══ Dataset

-- ===== src/Simulator/Reach.antt =====
-- Transactions of crates/chia-sdk-test/src/simulator.rs keep the simulator well formed, and so is every
-- state that its operations reach.
use chia_wallet_sdk.Prelude.{
  ℕ, ◌+◌, ◌%◌, ◌≤◌, ◌<◌, ◌≡◌, refl, inl, inr, true, some, List, [], ◌∷◌, arith, contains, nat_eq,
  Option-cases, All, length-append, All-of-contains,
}
use chia_wallet_sdk.Prelude.IndexMap.{
  IndexMap, Entries, lookup, extend, contains_key, contains_key-extend_left,
  contains_key-extend_right, Entries-of-lookup, extend-IsMap, Entries-extend, Entries-imp,
  Entries-lookup,
}
use chia_wallet_sdk.Protocol.{
  Bytes32, Coin, CoinState, SpendBundle, SpendConditions, ConsensusConstants, ok, Result-cases,
  u32_size,
}
use chia_wallet_sdk.Simulator.{
  External, Simulator, create_block, with_seed, insert_coin, new_coin, hint_coin,
}
use chia_wallet_sdk.Simulator.Transaction.{
  Plan, no_changes, removed_state, validate_removals, apply_plan, new_transaction, plan_transaction,
}
use chia_wallet_sdk.Simulator.Changes.{
  spend_at, IsFresh, collect_changes-AddedOk, removed_Entries, validate_removals_map, removed_IsMap,
  validate_removals-IsMap,
}
use chia_wallet_sdk.Simulator.Outputs.{added_hints_lem, added_keys, contains-hinted_ids}
use chia_wallet_sdk.Simulator.Spends.{Validates, changes, plan_of, plan_parts}
use chia_wallet_sdk.Simulator.Hints.{hints-IsMap}
use chia_wallet_sdk.Simulator.Invariant.{
  LawfulIds, HeightsOk-suc, StateOk, AllKnown, AllKnown-mono, IsWf, with_seed-IsWf,
  insert_coin-IsWf, new_coin-IsWf, hint_coin-IsWf,
}

-- A removed coin before its removal: unspent, or spent earlier, and created by now.
abbrev CreatedBy : {R : Type 0} → External R → ℕ → Bytes32 → CoinState → Type 0
CreatedBy x height id cs =
    (x.coin_id cs.coin ≡ id)
    × (created : ℕ) × (cs.created_height ≡ some created)
    × (created ≤ height)

module _ {R : Type 0} (x : External R) (lawful : LawfulIds x) (s : Simulator R)
    (bundle : SpendBundle) (constants : ConsensusConstants) where
  removed_created :
      (spends : List SpendConditions)
      → Validates x s bundle constants spends
      → IsWf x s
      → Entries (CreatedBy x s.height) (changes x s bundle constants spends).removed_coins
  removed_created spends v w =
      removed_Entries x (CreatedBy x s.height) s.coin_states s.height spends no_changes
        (each spends (lawful bundle _ constants s.height spends v)) tt
    where
      one :
          (spend : SpendConditions)
          → x.coin_id (record {
            parent_coin_info = spend.parent_id;
            puzzle_hash = spend.puzzle_hash;
            amount = spend.coin_amount;
          })
            ≡ spend.coin_id
          → CreatedBy x s.height spend.coin_id (removed_state x s.coin_states s.height spend)
      one spend same = elim (Option-cases (lookup spend.coin_id s.coin_states)) [
        | inl e ↦ unfold removed_state in rw (e, removed_state) (same, s.height, refl, omega arith)
        | inr (cs, e) ↦
            let known =
              Entries-lookup (StateOk x s.height) spend.coin_id cs s.coin_states w.states_ok e in
            unfold removed_state in rw (e, removed_state) (known.0, known.1.0, known.1.1, known.1.2)
      ]

      each :
          (spends : List SpendConditions)
          → All
              (λ spend.
                x.coin_id (record {
                  parent_coin_info = spend.parent_id;
                  puzzle_hash = spend.puzzle_hash;
                  amount = spend.coin_amount;
                })
                ≡ spend.coin_id)
              spends
          → All
              (λ spend.
                CreatedBy x s.height spend.coin_id (removed_state x s.coin_states s.height spend))
              spends
      each [] h = tt
      each (spend ∷ rest) h = (one spend h.0, each rest h.1)

  updates_ok :
      (spends : List SpendConditions) (removed : IndexMap CoinState)
      → Validates x s bundle constants spends
      → IsWf x s
      → validate_removals s.coin_states s.height
          (changes x s bundle constants spends).added_coins
          (changes x s bundle constants spends).removed_coins
        ≡ ok removed
      → Entries
          (StateOk x (s.height + 1))
          (extend (changes x s bundle constants spends).added_coins removed)
  updates_ok spends removed v w e =
      let ch = changes x s bundle constants spends in
      Entries-extend (StateOk x (s.height + 1)) ch.added_coins removed
        (Entries-imp (IsFresh x s.height) (StateOk x (s.height + 1)) fresh ch.added_coins
          (collect_changes-AddedOk x s.coin_states s.height spends no_changes (tt, tt)).1)
        (validate_removals_map (CreatedBy x s.height) (StateOk x (s.height + 1)) s.coin_states
          s.height ch.added_coins ch.removed_coins removed e spent (removed_created spends v w))
    where
      fresh : (id : ℕ) (cs : CoinState) → IsFresh x s.height id cs → StateOk x (s.height + 1) id cs
      fresh id cs (same, unspent, created) = (same, (s.height, created, omega arith, rw unspent tt))

      spent :
          (id : ℕ) (cs : CoinState)
          → CreatedBy x s.height id cs
          → StateOk x (s.height + 1) id (spend_at s.height cs)
      spent id cs (same, c, created, le) = (same, (c, created, omega arith, (le, omega arith)))

  -- The coins that the new hints list are among the added coins.
  added_hints_known :
      (spends : List SpendConditions)
      → Entries
          (λ hint ids. AllKnown x (changes x s bundle constants spends).added_coins ids)
          (changes x s bundle constants spends).added_hints
  unfolding lookup contains_key
  added_hints_known spends =
      let ch = changes x s bundle constants spends in
      Entries-of-lookup (λ hint ids. AllKnown x ch.added_coins ids) ch.added_hints
        (hints-IsMap x s.coin_states s.height spends no_changes tt)
        (λ hint ids e.
          All-of-contains (λ id. contains_key id ch.added_coins ≡ true) ids (known hint ids e))
    where
      known :
          (hint : Bytes32) (ids : List Bytes32)
          → lookup hint (changes x s bundle constants spends).added_hints ≡ some ids
          → (id : Bytes32) → contains ids id ≡ true
          → contains_key id (changes x s bundle constants spends).added_coins ≡ true
      known hint ids e id c = ground (
        arith,
        added_hints_lem x s.coin_states s.height spends no_changes hint id,
        contains-hinted_ids x hint id spends,
        added_keys x s.coin_states s.height spends no_changes id,
      )

  apply_plan-IsWf :
      (spends : List SpendConditions) (removed : IndexMap CoinState)
      → Validates x s bundle constants spends
      → s.height + 1 < u32_size
      → IsWf x s
      → validate_removals s.coin_states s.height
          (changes x s bundle constants spends).added_coins
          (changes x s bundle constants spends).removed_coins
        ≡ ok removed
      → IsWf x (
          apply_plan x s
            (plan_of x s bundle constants (changes x s bundle constants spends) removed))
  unfolding apply_plan create_block
  apply_plan-IsWf spends removed v small w e =
      let ch = changes x s bundle constants spends in
      let updates = extend ch.added_coins removed in
      let added-IsMap =
        (collect_changes-AddedOk x s.coin_states s.height spends no_changes (tt, tt)).0 in
      let removed_map =
        validate_removals-IsMap s.coin_states s.height ch.added_coins ch.removed_coins removed e
          (removed_IsMap x s.coin_states s.height spends no_changes tt) in
      let next : (s.height + 1) % u32_size ≡ s.height + 1 = omega arith in
      record {
        chain = omega (arith, length-append s.header_hashes ((x.fill s.rng).0 ∷ []));
        keyed = extend-IsMap s.coin_states updates w.keyed;
        states_ok = rw next (
            Entries-extend (StateOk x (s.height + 1)) s.coin_states updates
              (Entries-imp (StateOk x s.height) (StateOk x (s.height + 1))
                (λ id cs ok_cs. (ok_cs.0, HeightsOk-suc s.height cs ok_cs.1)) s.coin_states
                w.states_ok)
              (updates_ok spends removed v w e));
        hints_keyed = extend-IsMap s.hinted_coins ch.added_hints w.hints_keyed;
        hints_known =
            Entries-extend (λ hint ids. AllKnown x (extend s.coin_states updates) ids)
              s.hinted_coins ch.added_hints
              (AllKnown-mono x s.coin_states (extend s.coin_states updates)
                (λ id c. contains_key-extend_left id s.coin_states updates c) s.hinted_coins
                w.hints_known)
              (AllKnown-mono x ch.added_coins (extend s.coin_states updates)
                (λ id c.
                  contains_key-extend_right id s.coin_states updates
                    (extend-IsMap ch.added_coins removed added-IsMap)
                    (contains_key-extend_left id ch.added_coins removed c))
                ch.added_hints (added_hints_known spends));
      }

  valid_of_plan :
      (p : Plan)
      → plan_transaction x s bundle constants ≡ ok p
      → (spends : List SpendConditions) × Validates x s bundle constants spends
  unfolding plan_transaction
  valid_of_plan p e =
      elim (Result-cases (x.validate_clvm_and_signature bundle 7_700_000_000 constants s.height)) [
        | inl valid ↦ valid
        | inr (code, refused) ↦ absurd (ground (arith, refused))
      ]

  -- A transaction keeps the simulator well formed, whether it is accepted or refused, while the height
  -- is below the largest `u32`.
  pub new_transaction-IsWf :
      s.height + 1 < u32_size → IsWf x s → IsWf x (new_transaction x s bundle constants).1
  unfolding new_transaction
  new_transaction-IsWf small w = elim (Result-cases (plan_transaction x s bundle constants)) [
    | inl (p, e) ↦
        let (spends, v) = valid_of_plan p e in
        let (removed, checked, shape, _, _) = plan_parts x s bundle constants spends p v e in
        rw (e, new_transaction) (rw shape (apply_plan-IsWf spends removed v small w checked))
    | inr (e, h) ↦ rw (h, new_transaction) w
  ]

-- The operations that change a simulator.
pub data Step {R : Type 0} (x : External R) (s : Simulator R) : Simulator R → Type 0 where
  inserts : (coin : Coin) → Step x s (insert_coin x s coin)
  mints : (puzzle_hash : Bytes32) (amount : ℕ) → Step x s (new_coin x s puzzle_hash amount).1
  hints :
      (coin_id hint : Bytes32)
      → contains_key coin_id s.coin_states ≡ true
      → Step x s (hint_coin s coin_id hint)
  transacts :
      (bundle : SpendBundle) (constants : ConsensusConstants)
      → s.height + 1 < u32_size
      → Step x s (new_transaction x s bundle constants).1

pub data Reach {R : Type 0} (x : External R) : Simulator R → Type 0 where
  starts : (seed : ℕ) → Reach x (with_seed x seed)
  steps : {s t : Simulator R} → Reach x s → Step x s t → Reach x t

Step-IsWf :
    {R : Type 0} {x : External R} {s t : Simulator R}
    → LawfulIds x
    → Step x s t
    → IsWf x s
    → IsWf x t
Step-IsWf {x} {s} lawful (inserts coin) w = insert_coin-IsWf x s coin w
Step-IsWf {x} {s} lawful (mints puzzle_hash amount) w = new_coin-IsWf x s puzzle_hash amount w
Step-IsWf {x} {s} lawful (hints coin_id hint known) w = hint_coin-IsWf x s coin_id hint known w
Step-IsWf {x} {s} lawful (transacts bundle constants small) w =
    new_transaction-IsWf x lawful s bundle constants small w

-- Every state that a simulator reaches by inserting coins, minting coins, hinting known coins and
-- processing transactions, at heights below the largest `u32`, is well formed: there is one header hash
-- for each height, each coin state stands under the id of its coin, was created by now, and is unspent
-- or was spent between its creation and the present height, and every hinted coin is known.
pub Reach-IsWf :
    {R : Type 0} {x : External R} {s : Simulator R} → LawfulIds x → Reach x s → IsWf x s
Reach-IsWf {x} lawful (starts seed) = with_seed-IsWf x seed
Reach-IsWf lawful (steps r step) = Step-IsWf lawful step (Reach-IsWf lawful r)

════

What to do — At the line containing "-- processing transactions, at", start transcribing exactly, and continue through the last line of the listing. Stop there and add nothing.

Answer space —
-- processing transactions, at heights below the largest `u32`, is well formed: there is one header hash
-- for each height, each coin state stands under the id of its coin, was created by now, and is unspent
-- or was spent between its creation and the present height, and every hinted coin is known.
pub Reach-IsWf :
    {R : Type 0} {x : External R} {s : Simulator R} → LawfulIds x → Reach x s → IsWf x s
Reach-IsWf {x} lawful (starts seed) = with_seed-IsWf x seed
Reach-IsWf lawful (steps r step) = Step-IsWf lawful step (Reach-IsWf lawful r)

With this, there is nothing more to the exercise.